I saw this car in September 2009, but it was on better conditions than the beginning of the treatment, some surprises wait me !!
The treatment takes 5 days, of hard work, paint defects correction, and leather/interior restoration.
The initial state of this car is pretty bad, very deep and severe scratches, lot of swirls, paint retouches, if I can say that...




























The headlight broken










The Hood and the roof are the badest conditions parts.














































Exhaust was in bad position, twisted...



















Polishing "residues" !!



















Beginning of wash stage, first water pre-wash, follow by APC agitated with Swissvax Wheel Brush.



















The wheels are covered of dirt, old brake dust, tar, the only solution is a very hard products (Megs Wheel Brightener)
agitated with my Ez detail brush, and Swissvax Wheel Brush. Needs three repetition to have a good result.










Arches were brushed with vikan Brush and APC, like the tires










*Results*



















Time to prewash, as the wheel this dirty car need hard shampoo, so Gilmour Foam Gun, with a mix of Citrus wash and gloss shampoo was used.



















Then manual washing with Swissvax Car Bath, and the two buckets method.










Time for claying the car.
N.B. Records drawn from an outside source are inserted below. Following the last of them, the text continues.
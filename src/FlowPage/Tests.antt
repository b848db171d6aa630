-- ===== src/FlowPage/Tests.antt =====
-- Page selections of concrete lists, and the theorems about them there.
use azkaban_private.Prelude.{
  ℕ, ◌+◌, ◌-◌, ◌≤◌, ◌<◌, ◌==◌, ◌≡◌, refl, false, Option, none, some, List, [], ◌∷◌, arith,
}
use azkaban_private.Prelude.Int.{ℤ, pos, negsuc}
use azkaban_private.FlowPage.{PageButton, PageSelection, num_pages, selection, render_pagination}
use azkaban_private.FlowPage.Pages.{render_pagination-window}

abbrev blank : PageSelection
blank =
    let b : PageButton = record { disabled = false; active = false; page = none } in
    record { button = λ i. b; previous = b; next = b }

abbrev pages_of : Option PageSelection → List (Option ℤ)
pages_of none = []
pages_of (some s) =
    (s.button 1).page
    ∷ (s.button 2).page
    ∷ (s.button 3).page
    ∷ (s.button 4).page
    ∷ (s.button 5).page
    ∷ []

middle_page :
    pages_of (render_pagination (pos 6) 9 blank)
    ≡ some (pos 4) ∷ some (pos 5) ∷ some (pos 6) ∷ some (pos 7) ∷ some (pos 8) ∷ []
unfolding render_pagination selection
middle_page = refl

third_of_three :
    pages_of (render_pagination (pos 3) 3 blank)
    ≡ some (negsuc 0) ∷ some (pos 0) ∷ some (pos 1) ∷ some (pos 2) ∷ some (pos 3) ∷ []
unfolding render_pagination selection
third_of_three = refl

seventeen : num_pages (some 17) 16 ≡ 2
seventeen = refl

render_pagination-window_example :
    (start : ℕ) × (s : PageSelection) × (render_pagination (pos 6) 9 blank ≡ some s)
    × (1 ≤ start)
    × (start + 4 ≤ 9)
    × ((i : ℕ)
        → 1 ≤ i
        → i ≤ 5
        → ((s.button i).disabled ≡ false)
          × ((s.button i).page ≡ some (pos (start + i - 1)))
          × ((s.button i).active ≡ (start + i - 1 == 6)))
    × (s.previous.disabled ≡ (6 == 1))
    × (1 < 6 → s.previous.page ≡ some (pos (6 - 1)))
    × (s.next.disabled ≡ (6 == 9))
    × (s.next.page ≡ some (pos (6 + 1)))
render_pagination-window_example =
    render_pagination-window 6 9 blank (omega arith) (omega arith) (omega arith)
Very important here, I had done two claying stage on this Porsche :
- First with the Paint Rubber Yellow (to erase the bigger contamination)
- Second with Paint Rubber Blue (for the finest contamination).





































Many tar spot are removed by claying, but the low parts was retreat with tar remover a apply with a microfiber.

Time to go in, and inspect the paint defects with halogene and Led Lenser Light.



















The two bumpers was respray Two month ago !!
































































Paint measures were taken with my PTG, and a statement of thickness was done.





































Between 160-230 on many panels, and 300-500 on the hood !!
So different paint quality, all the car is respray, but the same paint on all panels except hood.

*Beginning of Polishing stage* :

I took my Makita 9227cb and work differents polishs at 1500-1800tr/min :

- Compounding with #85 (the only I have) and Gloss-it wool pad (I love it)
- Polishing with Swissvax Cleaner Fluid Strong and Megs cutting pad
- Finishing with Swissvax Cleaner Fluid Medium and 3M Polishing Pad

Some panels needs finition with the Orbital G220 and CF Medium to remove The last lights Hologrammes.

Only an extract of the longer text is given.